How to better manage drug plans

Understanding the cost and value of new medicines in Canada can help sponsors to better manage their drug plans

Some stakeholders in the health benefits community believe that the cost of new (patented) medicines threatens the sustainability of prescription drug benefits in Canada. At the same time, cost concerns are encouraging drug plan sponsors to shift to plan designs that limit access to the most innovative treatments. Yet, at the national level, spending on patented medicines has been growing at a slow or negative rate for years; the prices of patented medicines have grown slower than inflation; and Canadian prices for new medicines are not excessive relative to prices in comparable countries. Moreover, forecasts predict low single-digit growth in the direct drug costs of private sector benefits plans for the foreseeable future.

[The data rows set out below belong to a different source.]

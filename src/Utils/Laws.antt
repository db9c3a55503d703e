-- ===== src/Utils/Laws.antt =====
-- What the helpers of lib/utils.cpp do on every answer of the system.
use shadowc.Base.{◌≤◌, ◌≡◌, refl, sym, some, [], ◌++◌, Bytes, take, length, length-take_of_le}
use shadowc.Memory.{ok}
use shadowc.Memory.Laws.{store_all-append}
use shadowc.Utils.{random_string}

-- If there are enough random bytes, the first `length` bytes of the buffer are replaced by them,
-- and no other.
pub random_string-fills :
    (urandom old rest : Bytes)
    → length old ≤ length urandom
    → random_string (some urandom) (length old) (old ++ rest)
      ≡ ok (take (length old) urandom ++ rest)
unfolding random_string
random_string-fills urandom old rest h =
    store_all-append (take (length old) urandom) [] old rest
      (sym (length-take_of_le (length old) urandom h)) refl refl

Innovative new medicines can offer more effective treatment of illness—which in turn, results in improved health outcomes for plan members and their families, enabling greater workplace well-being and productivity. In today’s important dialogue on drug costs, sponsors need to make the most informed decisions about their employee benefits, and evidence demonstrates that the cost of new medicines is not a threat to the sustainability of private drug plans in Canada in the near term.

Today’s Spend

Evidence confirms that national spending on patented medicines makes up a small percentage of total national (public and private) health spending in Canada and has been growing at a slow or negative pace for a long time.

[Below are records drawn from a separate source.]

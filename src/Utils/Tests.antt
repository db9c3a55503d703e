-- ===== src/Utils/Tests.antt =====
-- The helpers of lib/utils.cpp on small buffers.
use shadowc.Base.{◌≡◌, refl, some, none}
use shadowc.Base.Int.{failed}
use shadowc.Utils.{make_socket_non_blocking}

test_flags_refused : make_socket_non_blocking (some 2) none ≡ (failed, some 2050)
unfolding make_socket_non_blocking
test_flags_refused = refl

A 2013 study published by the Canadian Health Policy Institute (CHPI) analyzed total (public and private) spending on patented medicines in Canada using the most recent available data (current and comparable to 2012) from the Patented Medicine Prices Review Board (PMPRB) and the Canadian Institute for Health Information (CIHI). Total direct spending on patented medicines accounted for only 6.2% ($12.8 billion) of the $205.9 billion spent in total on all healthcare in 2012. From 2007 to 2012, total direct spending on patented medicines grew by only 4.1%, while total spending on all other healthcare (excluding patented medicines) grew by 30.5%.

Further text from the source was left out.